Almost as soon as Christmas day is over, the holiday adverts traditionally arrive. The TV stops pumping out images of snowy fields and robins on logs and moves into sandy beach and blue sky overdrive.
So it’s appropriate now to put aside with a deeply thankful sigh Christmas books by celeb chefs showing off their perfect homes and adorable families and move to sunnier images, in this case Morocco.
North African cuisine doesn’t get much of a look in on telly or in restaurants, although its close cousin Middle -Eastern cuisine occasionally surfaces along with doomed attempts to interest us specifically in Persian/Iranian cooking. The trouble with the latter is that no one really goes on holiday to Iran; even Ryanair doesn’t fly there yet, so we don’t know the cuisine
Morocco is still a mysterious place but it is accessible, a vast area with cooking as varied as its landscape, towns, villages, souks and medinas. Tangiers, Casablanca, Marrakech are all names that conjure up memories of classic films, as well as of Led Zeppelin, and Paula Wolfert has over 50 year’s experience in country. This lavish book is another expert excursion into the cooking she loves so much.
Beginning with a chapter on essentials – the clay pots, preserved lemons, the ubiquitous spice Ras el Hanout, honeys and ten essential tips – she takes full flight into the food of Morocco. Thirteen chapters in all: salads, breads, pastries, eggs and cheese, soups, couscous (of course, course), fish, poultry, meats, beans and vegetables, desserts and drinks.
Each chapter comes packed with fine photography by the exotically named Quentin Bacon who one hopes is a real person and not a pseudonym. He’s mastered the out of focus background so beloved of food bloggers with their first dSLR but he also knows how to properly compose a picture.

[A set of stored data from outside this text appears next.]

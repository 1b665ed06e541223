-- ===== src/Exfs/Inodes.antt =====
-- source/core/exfs/exfs.c: the records of the inode table, and the list of blocks that the next
-- commit frees.
pub mod Record
pub mod RoundTrip
use xasmos.Base.{
  ℕ, zero, suc, ◌+◌, ◌-◌, ◌*◌, ◌%◌, ◌^◌, Bool, true, false, not, Option, none, some, ltb, leb, ◌==◌,
  if◌then◌else◌, add32, update, for_up,
}
use xasmos.Block.Device.{Buffer}
use xasmos.Exfs.Format.{Page, put8, put32, put64, get32, get64}
use xasmos.Exfs.GroupMap.{GMap, GmapStatus}
use xasmos.Exfs.GroupOps.{gmap_release, is_done}
use xasmos.Exfs.Volume.{
  ExfsStatus, exfs_ok, enofs, eio, enomem, ExfsFile, ExfsExtent, Nodes, Volume, name_max, exfs_inl,
  ind_ext, max_ext, max_chain, defer_max, fext, set_file, blk_got,
}
use xasmos.Exfs.Pool.{pool_release}

abbrev pub inode_bytes : ℕ
inode_bytes = 256

-- The body of the loop over the inline extents.
unfoldable pub put_extent : ℕ → (ℕ → ExfsExtent) → ℕ → Page → Page
put_extent at exts i r = put32 (at + i * 16 + 8) (exts i).len (put64 (at + i * 16) (exts i).start r)

abbrev pub first_chain : ExfsFile → ℕ
first_chain f = if f.nchain == 0 then 0 else f.chain 0

-- `exts` are the extents of the file, from its slice on.
unfoldable pub inode_encode : ExfsFile → (ℕ → ExfsExtent) → Page → Page
inode_encode f exts r =
    let cleared = for_up inode_bytes 0 (λ i p. put8 i 0 p) r in
    let header = put64 8 f.size (put32 4 f.type (put32 0 (if f.used then 1 else 0) cleared)) in
    let named = for_up (name_max + 1) 0 (λ i p. put8 (16 + i) (f.name i) p) header in
    let ninl = if ltb f.n exfs_inl then f.n else exfs_inl in
    for_up ninl 0 (put_extent 128 exts) (put32 120 ninl (put64 112 (first_chain f) named))

unfoldable pub get_extent : ℕ → ℕ → Page → ExfsExtent
get_extent at i r = record { start = get64 (at + i * 16) r; len = get32 (at + i * 16 + 8) r }

-- A loop that appends `count` extents to `V.stage`: its index, and the end of the list.
unfoldable pub stage_extents : ℕ → ℕ → ℕ → ℕ → Page → (ℕ → ExfsExtent) → (ℕ → ExfsExtent)
stage_extents zero at i n r stage = stage
stage_extents (suc count) at i n r stage =
    stage_extents count at (i + 1) (n + 1) r (update stage n (get_extent at i r))

-- The fields up to the name.
unfoldable pub decode_fields : Page → ExfsFile → ExfsFile
decode_fields r f = record f {
  used = not (get32 0 r == 0);
  type = get32 4 r;
  size = get64 8 r;
  name =
      λ i. if i == name_max then 0 else if ltb i (name_max + 1) then r (16 + i) % 256 else f.name i;
  dirty = false;
  nchain = 0;
  n = 0;
  ext_off = 0;
  ext_cap = 0;
}

-- What decoding leaves: the file, `V.stage`, and `V.page`.
pub record Decoding : Type 0 where
  pub file : ExfsFile
  pub stage : ℕ → ExfsExtent
  pub page : Page

-- One block of the chain, read into the page.
unfoldable pub take_chain_block : ℕ → Page → Decoding → Decoding
take_chain_block blk page d =
    let cnt = get32 8 page in
    record {
      file = record d.file {
        n = d.file.n + cnt;
        chain = update d.file.chain d.file.nchain blk;
        nchain = d.file.nchain + 1;
      };
      stage = stage_extents cnt 16 0 d.file.n page d.stage;
      page = page;
    }

-- The walk along the chain, with one round more than EXFS_MAX_CHAIN: in the last, a block that is not
-- zero is refused.
unfoldable pub walk_chain {ℓ} : {D : Type ℓ} → ℕ → ℕ → Volume D → Decoding → ExfsStatus × Decoding
walk_chain zero blk v d = if blk == 0 then (exfs_ok, d) else (enofs, d)
walk_chain (suc left) blk v d =
    let (read, page) = blk_got blk d.page v in
    let cnt = get32 8 page in
    let rest = walk_chain left (get64 0 page) v (take_chain_block blk page d) in
    if blk == 0
    then (exfs_ok, d)
    else if not read
    then (eio, record d { page = page })
    else if ltb ind_ext cnt
    then (enofs, record d { page = page })
    else if ltb max_ext (d.file.n + cnt)
    then (enofs, record d { page = page })
    else rest

unfoldable pub inode_decode {ℓ} : {D : Type ℓ} → Page → Volume D → Decoding → ExfsStatus × Decoding
inode_decode r v d =
    let f = decode_fields r d.file in
    let ninl = get32 120 r in
    let inline : Decoding = record d {
      file = record f { n = ninl };
      stage = stage_extents ninl 128 0 0 r d.stage;
    } in
    let walked = walk_chain max_chain (get64 112 r) v inline in
    if not f.used
    then (exfs_ok, record d { file = f })
    else if ltb exfs_inl ninl
    then (enofs, record d { file = f })
    else walked

unfoldable pub defer_push : ℕ → ℕ → Nodes → ExfsStatus × Nodes
defer_push start len s = if leb defer_max s.ndefer then (enomem, s) else (
  exfs_ok,
  record s {
    defer = update s.defer s.ndefer (record { start = start; len = len });
    ndefer = s.ndefer + 1;
  },
)

abbrev pub defer_extent : ExfsFile → ℕ → Nodes → Nodes
defer_extent f i s = (defer_push (fext s f i).start (fext s f i).len s).1

abbrev pub defer_chain : ExfsFile → ℕ → Nodes → Nodes
defer_chain f i s = (defer_push (f.chain i) 1 s).1

unfoldable pub defer_file : ℕ → Nodes → ExfsStatus × Nodes
defer_file i s =
    let f = s.files i in
    let need = add32 f.n f.nchain in
    let runs = for_up f.n 0 (defer_extent f) s in
    let chains = for_up f.nchain 0 (defer_chain f) runs in
    let freed = pool_release f.ext_off f.ext_cap chains in
    if ltb defer_max (add32 s.ndefer need)
    then (enomem, s)
    else (exfs_ok, set_file i (record f { ext_off = 0; ext_cap = 0; n = 0; nchain = 0 }) freed)

-- The loop of `apply_deferred`: rounds left, and index.
unfoldable pub apply_from {ℓ} : {D : Type ℓ} → ℕ → ℕ → (ℕ → ExfsExtent) → GMap D → Bool × GMap D
apply_from zero i defer m = (true, m)
apply_from (suc n) i defer m =
    let (rc, m') = gmap_release (defer i).start (defer i).len m in
    let rest = apply_from n (i + 1) defer m' in if is_done rc then rest else (false, m')

-- False is EXFS_EIO.
unfoldable pub apply_deferred {ℓ} : {D : Type ℓ} → Volume D → Bool × Volume D
apply_deferred v =
    let (applied, gm) = apply_from v.nodes.ndefer 0 v.nodes.defer v.gm in
    if applied
    then (true, record v { gm = gm; nodes = record v.nodes { ndefer = 0 } })
    else (false, record v { gm = gm })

Salivate over 200 recipes; the slow-cooked tagines fragrant with spices, the classic grilled meats, colourful salads alive with flavour, the remarkable range of smoky flatbreads and of course desserts so sticky you become glued to the table literally as well as metaphorically..
You could call this a definitive book, it’s certainly erudite and entertaining. Even the page markers are well-made, a rich cloth and not cheap nylon, and the whole book reeks of care, knowledge and perhaps a hint of saffron.
Moroccan cooking could be the next fashionable thing, real sharing food for friends, and a way into the wonderful culinary world of North Africa, a place next to Europe but not of it. Paula Wolfert is your expert guide and let’s hope she gets to bring her sunshine to television soon.